他的心里装着太上皇的寒疾,装着太祖的孝治祖训,装着天下百姓的期盼,那些滚烫的东西,足以抵挡住这霜雪的冷。
低头时,他看到自己的脚印嵌在雪地里,深深浅浅,从御街那头一直延伸到石阶下。
这脚印没有偏向,没有退缩,直直对着宫门,像他的心思一样,纯粹而坚定。
他想起德胜门之役时,自己也是这样,在雪地里站了三天三夜,脚下的雪被血和汗浸透,结成冰,却依旧守住了城门。

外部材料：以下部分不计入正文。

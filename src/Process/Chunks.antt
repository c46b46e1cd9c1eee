-- ===== src/Process/Chunks.antt =====
-- infrastructure/process.py `GuardStatus.feed`: how the bytes are cut into reads does not matter.
use owlmatic.Prelude.{
  codes, any, ℕ, ◌+◌, ◌≤◌, ◌≡◌, refl, ap, sym, ◌∙◌, false, Text, [], ◌∷◌, ◌++◌, length, ltb,
  nat_beq, arith, Bool-cases, inl, inr,
}
use owlmatic.Errors.{Result, ok, err}
use owlmatic.Actions.{Action, after_result}
use owlmatic.Texts.{starts_with}
use owlmatic.Prelude.Int.{ℤ}
use owlmatic.Process.Status.{
  from, int_of, with_pid, GuardStatus, keeping, read_line, read_bytes, feed,
}

abbrev pub and_then :
    Result (Unit {0}) × GuardStatus
    → Action GuardStatus (Unit {0})
    → Result (Unit {0}) × GuardStatus
and_then (r, g) rest = after_result r (λ _. rest) g

-- After an exception the bytes that are still pending do not matter: no more are read.
abbrev pub settle : Result (Unit {0}) × GuardStatus → Result (Unit {0}) × GuardStatus
settle (ok u, g) = (ok u, g)
settle (err e, g) = (err e, record g { pending = [] })

abbrev resumed : Text → Result (Unit {0}) × GuardStatus → Result (Unit {0}) × GuardStatus
resumed later p = and_then (keeping later p) (read_bytes later)

bind-append :
    (p : Result (Unit {0}) × GuardStatus) (a b : Text)
    → ((g : GuardStatus)
        → settle (read_bytes (a ++ b) g) ≡ settle (and_then (read_bytes a g) (read_bytes b)))
    → settle (resumed (a ++ b) p) ≡ settle (and_then (resumed a p) (read_bytes b))
bind-append (ok u, g) a b h = h g
bind-append (err e, g) a b h = refl

read_bytes-append :
    (a b : Text) (g : GuardStatus)
    → settle (read_bytes (a ++ b) g) ≡ settle (and_then (read_bytes a g) (read_bytes b))
unfolding read_bytes
read_bytes-append [] b g = refl
read_bytes-append (c ∷ a) b g = elim (Bool-cases (nat_beq c b'\n')) [
  | inr goes_on ↦
      rw (goes_on, read_bytes) (read_bytes-append a b (record g { pending = g.pending ++ c ∷ [] }))
  | inl ends ↦
      rw (ends, read_bytes)
        (bind-append (read_line g.pending (record g { pending = [] })) a b (read_bytes-append a b))
]

abbrev pub with_received : ℕ → GuardStatus → GuardStatus
with_received n g = record g { received = n }

abbrev pub counting : ℕ → Result (Unit {0}) × GuardStatus → Result (Unit {0}) × GuardStatus
counting n (r, g) = (r, with_received n g)

with_pid-counting :
    (n : ℕ) (pid : Result ℤ) (g : GuardStatus)
    → with_pid pid (with_received n g) ≡ counting n (with_pid pid g)
with_pid-counting n pid g = ground arith

read_line-counting :
    (n : ℕ) (line : Text) (g : GuardStatus)
    → read_line line (with_received n g) ≡ counting n (read_line line g)
unfolding read_line
read_line-counting n line g = elim (Bool-cases (any (λ b. ltb 127 b) line)) [
  | inl high ↦ rw high refl
  | inr low ↦ elim (Bool-cases (starts_with (codes "pid:") line)) [
    | inr other ↦ rw (low, other) refl
    | inl pid ↦ rw (low, pid) (with_pid-counting n (int_of (from 4 line)) g)
  ]
]

bind-counting :
    (n : ℕ) (bytes : Text) (p : Result (Unit {0}) × GuardStatus)
    → ((g : GuardStatus) → read_bytes bytes (with_received n g) ≡ counting n (read_bytes bytes g))
    → resumed bytes (counting n p) ≡ counting n (resumed bytes p)
bind-counting n bytes (ok u, g) h = h g
bind-counting n bytes (err e, g) h = refl

read_bytes-counting :
    (n : ℕ) (bytes : Text) (g : GuardStatus)
    → read_bytes bytes (with_received n g) ≡ counting n (read_bytes bytes g)
unfolding read_bytes
read_bytes-counting n [] g = refl
read_bytes-counting n (c ∷ bytes) g = elim (Bool-cases (nat_beq c b'\n')) [
  | inr goes_on ↦
      rw (goes_on, read_bytes)
        (read_bytes-counting n bytes (record g { pending = g.pending ++ c ∷ [] }))
  | inl ends ↦
      rw (ends, read_bytes)
        (rw (read_line-counting n g.pending (record g { pending = [] })) (
          bind-counting n bytes (read_line g.pending (record g { pending = [] }))
            (read_bytes-counting n bytes)))
]

read_bytes-received :
    (bytes : Text) (g : GuardStatus) → (read_bytes bytes g).1.received ≡ g.received
read_bytes-received bytes g =
    ap (λ (p : Result (Unit {0}) × GuardStatus). p.1.received)
      (read_bytes-counting g.received bytes g)

length-append : (a b : Text) → length (a ++ b) ≡ length a + length b
length-append [] b = ground arith
length-append (c ∷ a) b = ground (arith, length-append a b)

feed-within :
    (bytes : Text) (g : GuardStatus)
    → g.received + length bytes ≤ 256
    → counting 0 (feed bytes g) ≡ read_bytes bytes (with_received 0 g)
unfolding feed
feed-within bytes g small =
    let n = g.received + length bytes in
    let fits : ltb 256 n ≡ false = ground arith in
    rw (fits, feed) (sym (read_bytes-counting 0 bytes (with_received n g)))

and_then-within :
    (b : Text) (p : Result (Unit {0}) × GuardStatus)
    → p.1.received + length b ≤ 256
    → counting 0 (and_then p (feed b)) ≡ and_then (counting 0 p) (read_bytes b)
and_then-within b (err e, g) small = refl
and_then-within b (ok u, g) small = feed-within b g small

-- Bytes of the guardian that arrive in two reads are understood as if they had arrived in one, as
-- long as they are within the limit of 256: the same result or exception, the same process id and
-- the same last line; if nothing raises, the same bytes are pending.
pub feed-append :
    (a b : Text) (g : GuardStatus)
    → g.received + length a + length b ≤ 256
    → settle (counting 0 (feed (a ++ b) g)) ≡ settle (counting 0 (and_then (feed a g) (feed b)))
feed-append a b g small =
    let n = g.received + length a in
    let total = length-append a b in
    let p = read_bytes a (with_received n g) in
    let first : feed a g ≡ p = unfold feed in ground arith in
    ap settle (feed-within (a ++ b) g (ground arith))
    ∙ read_bytes-append a b (with_received 0 g)
    ∙ ap (λ q. settle (and_then q (read_bytes b))) (read_bytes-counting 0 a (with_received n g))
    ∙ ap settle
        (sym (and_then-within b p (ground (arith, read_bytes-received a (with_received n g)))))
    ∙ ap (λ q. settle (counting 0 (and_then q (feed b)))) (sym first)
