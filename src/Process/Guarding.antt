-- ===== src/Process/Guarding.antt =====
-- infrastructure/process_guardian.py `supervise`: what the guardian has done when it ends.
use mathlib.Core.Path.{subst}
use owlmatic.Prelude.{
  ℕ, ◌≡◌, refl, Bool, true, false, ◌||◌, none, some, List, [], ◌∷◌, ◌++◌, any, nat_beq, arith,
  Bool-cases, Option-cases, inl, inr,
}
use owlmatic.Process.Guardian.{
  finished, terminated, start_failed, owner_lost, Launch, close, reported, Status, closed, released,
  launched, told, Effect, Turn, Guarded, release, on_command, turn, loop, supervise,
}

abbrev pub is_told : Effect → Bool
is_told (told pid) = true
is_told _ = false

-- A command of the worker that lets the workflow run.
abbrev pub permits : Turn → Bool
permits t = elim t.command [ none ↦ false | some none ↦ false | some (some c) ↦ nat_beq c b'S' ]

abbrev pub before : ℕ → List Effect
before pid = launched pid ∷ told pid ∷ []

-- What the guardian has done up to a point of its loop: the gate was opened only on a command.
pub record IsTrace (pid : ℕ) (turns : List Turn) (g : Guarded) : Type 0 where
  pub waiting : g.gate ≡ true → g.effects ≡ before pid
  pub runs :
      g.gate ≡ false
      → (any permits turns ≡ true) × (g.effects ≡ before pid ++ released ∷ closed ∷ [])

turn-IsTrace :
    (pid : ℕ) (seen : List Turn) (t : Turn) (g : Guarded)
    → IsTrace pid seen g
    → IsTrace pid (t ∷ seen) (turn t g).1
unfolding turn on_command release
turn-IsTrace pid seen t g h = elim (Bool-cases g.gate) [
  | inl shut ↦
      let e = h.waiting shut in
      record { waiting = λ w. ground arith; runs = λ w. (ground arith, ground arith) }
  | inr opened ↦
      let (e, f) = h.runs opened in
      record { waiting = λ w. ground arith; runs = λ w. (ground arith, ground arith) }
]

loop-IsTrace :
    (pid : ℕ) (seen turns : List Turn) (g : Guarded) (status : Status) (g' : Guarded)
    → loop turns g ≡ (some status, g')
    → IsTrace pid seen g
    → (all_seen : List Turn) × IsTrace pid all_seen g'
      × (any permits all_seen ≡ true → (any permits seen || any permits turns) ≡ true)
unfolding loop
loop-IsTrace pid seen [] g status g' h t = cc
loop-IsTrace pid seen (x ∷ turns) g status g' h t = elim (Option-cases (turn x g).0) [
  | inr (s, ends) ↦
      let same : (turn x g).1 ≡ g' = ground arith in
      (
        x ∷ seen,
        subst (IsTrace pid (x ∷ seen)) same (turn-IsTrace pid seen x g t),
        λ p. ground arith,
      )
  | inl goes_on ↦
      let later : loop turns (turn x g).1 ≡ (some status, g') = ground arith in
      let (all_seen, trace, within) =
        loop-IsTrace pid (x ∷ seen) turns (turn x g).1 status g' later
          (turn-IsTrace pid seen x g t) in
      (all_seen, trace, λ p. ground (arith, within p))
]

-- What the guardian has done when it ends. In each case the gate of the process is closed once,
-- the group of a started process is terminated once, and one status is reported, last.
pub data IsEnding (turns : List Turn) : List Effect → Type 0 where
  orphaned : IsEnding turns (reported owner_lost ∷ [])
  unstarted : IsEnding turns (closed ∷ reported start_failed ∷ [])
  untold :
      (pid : ℕ) → IsEnding turns (launched pid ∷ closed ∷ terminated ∷ reported start_failed ∷ [])
  unreleased :
      (pid : ℕ) (status : Status)
      → IsEnding turns (launched pid ∷ told pid ∷ closed ∷ terminated ∷ reported status ∷ [])
  ran :
      (pid : ℕ) (status : Status)
      → any permits turns ≡ true
      → IsEnding turns
          (launched pid ∷ told pid ∷ released ∷ closed ∷ terminated ∷ reported status ∷ [])

close-IsEnding :
    (pid : ℕ) (turns seen : List Turn) (status : Status) (g : Guarded)
    → IsTrace pid seen g
    → (any permits seen ≡ true → any permits turns ≡ true)
    → IsEnding turns (close true status g)
unfolding close
close-IsEnding pid turns seen status g h within = elim (Bool-cases g.gate) [
  | inl shut ↦ rw (shut, h.waiting shut, close) (unreleased pid status)
  | inr opened ↦
      let (permitted, done) = h.runs opened in
      rw (opened, done, close) (ran pid status (within permitted))
]

abbrev at_start : ℕ → Guarded
at_start pid = record { gate = true; effects = before pid }

loop-IsEnding :
    (pid : ℕ) (turns : List Turn) (effects : List Effect)
    → finished (loop turns (at_start pid)) ≡ some effects
    → IsEnding turns effects
unfolding finished
loop-IsEnding pid turns effects h = elim (Option-cases (loop turns (at_start pid)).0) [
  | inl goes_on ↦ absurd (ground arith)
  | inr (status, ends) ↦
      let g = (loop turns (at_start pid)).1 in
      let done : loop turns (at_start pid) ≡ (some status, g) = ground arith in
      let start : IsTrace pid [] (at_start pid) = record {
        waiting = λ w. refl;
        runs = λ w. absurd (ground arith);
      } in
      let (seen, trace, within) = loop-IsTrace pid [] turns (at_start pid) status g done start in
      let same : close true status g ≡ effects = ground arith in
      subst (IsEnding turns) same (close-IsEnding pid turns seen status g trace within)
]

-- However the guardian ends, it has let the workflow run only if the worker, which was told the
-- process id, permitted it; the gate of the process is closed exactly once unless the worker was gone
-- from the beginning, the process group is terminated exactly once if it was started, and exactly one
-- status is reported, at the end.
pub supervise-IsEnding :
    (l : Launch) (turns : List Turn) (effects : List Effect)
    → supervise l turns ≡ some effects
    → IsEnding turns effects
unfolding supervise
supervise-IsEnding l turns effects h = elim (Bool-cases l.owner_gone) [
  | inl gone ↦
      let same : reported owner_lost ∷ [] ≡ effects = ground arith in
      subst (IsEnding turns) same orphaned
  | inr there ↦ elim (Option-cases l.pid) [
    | inl failed_start ↦
        let same : closed ∷ reported start_failed ∷ [] ≡ effects = unfold close in ground arith in
        subst (IsEnding turns) same unstarted
    | inr (pid, started) ↦ elim (Bool-cases l.tells) [
      | inr silent ↦
          let same : launched pid ∷ closed ∷ terminated ∷ reported start_failed ∷ [] ≡ effects =
            unfold close in ground arith in
          subst (IsEnding turns) same (untold pid)
      | inl spoken ↦ loop-IsEnding pid turns effects (ground arith)
    ]
  ]
]

loop-ends :
    (turns : List Turn) (g : Guarded)
    → any (λ t. t.stopped || t.late) turns ≡ true
    → (status : Status) × ((loop turns g).0 ≡ some status)
unfolding loop
loop-ends [] g h = cc
loop-ends (t ∷ turns) g h = elim (Option-cases (turn t g).0) [
  | inr (s, ends) ↦ (s, ground arith)
  | inl goes_on ↦
      let later : any (λ t. t.stopped || t.late) turns ≡ true = unfold turn in ground arith in
      let (status, ends) = loop-ends turns (turn t g).1 later in (status, ground arith)
]

-- The guardian ends if one of its turns finds the deadline passed or a request to stop.
pub supervise-ends :
    (l : Launch) (turns : List Turn)
    → any (λ t. t.stopped || t.late) turns ≡ true
    → (effects : List Effect) × (supervise l turns ≡ some effects)
unfolding supervise
supervise-ends l turns h = elim (Bool-cases l.owner_gone) [
  | inl gone ↦ (close false owner_lost (record { gate = false; effects = [] }), ground arith)
  | inr there ↦ elim (Option-cases l.pid) [
    | inl failed_start ↦
        (close false start_failed (record { gate = true; effects = [] }), ground arith)
    | inr (pid, started) ↦ elim (Bool-cases l.tells) [
      | inr silent ↦ (
        close true start_failed (record { gate = true; effects = launched pid ∷ [] }),
        ground arith,
      )
      | inl spoken ↦
          let (status, ends) = loop-ends turns (at_start pid) h in
          (close true status (loop turns (at_start pid)).1, unfold finished in ground arith)
    ]
  ]
]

如今,他守的不是城门,是礼法,是初心,更是一个臣子的忠肠。
赵校尉看着他冠上的霜越来越厚,像顶了一头白,终是叹了口气,没再说话。
火堆里的木柴快烧完了,暖意越来越弱,可谢渊的身影依旧挺拔,冠上的霜华在月光下泛着微光,像是他那颗赤胆的映照——纵然寒夜凛冽,也冻不住这颗忠于礼法、忠于民心的心。
谢渊知道,自己不是孤身站在寒夜里。
暗处还有眼睛,盯着他的一举一动,等着抓他的把柄。
宫墙拐角的阴影里,藏着李嵩派来的密探。
那人穿着普通百姓的棉袄,却掩不住腰间玄夜卫的令牌——李嵩虽被降为礼部侍郎,却仍能调动部分旧部,他要等谢渊“闯宫”
的证据,好再递弹劾疏,彻底扳倒这个眼中钉。
不远处的巷口,周显的亲信也在徘徊,手里攥着伪造的“谢渊与旧党密信”
,只要谢渊有半分越界,他们就会立刻将“通敌”
的罪名扣在他头上。
这些暗伺的眼睛,像寒夜里的狼,随时准备扑上来,将他撕碎。
谢渊能感觉到他们的视线,却没有回头——他问心无愧,不怕这些构陷。
可他担心的是宫墙里的太上皇,担心李嵩会因为自己的坚守,更加苛待南宫,断了太上皇的炭火和汤药。
更让他忧心的,是萧栎的犹疑。
此刻的御书房里,萧栎定然也没有睡。
他的案上摆着两份奏疏:一份是李嵩的“谢渊擅近南宫,恐有不轨”
,一份是马昂的“谢渊心诚,当予谅解”
。
萧栎的手指一定在两份奏疏上反复摩挲,心里打着算盘——他怕背上“不孝”
的骂名,所以不愿真的苛待太上皇;又怕谢渊借“孝治”
揽权,所以不敢完全信任他。
这种犹疑,像一把悬在谢渊头上的剑,不知道什么时候会落下来。
赵校尉也收到了张文的密信,信上写着“若谢渊不退,即刻报知,当以‘抗旨’拿办”
。
他看着谢渊的背影,又看了看手里的密信,心里犯了难——谢渊的坚守让他动容,可李嵩的权势又让他忌惮。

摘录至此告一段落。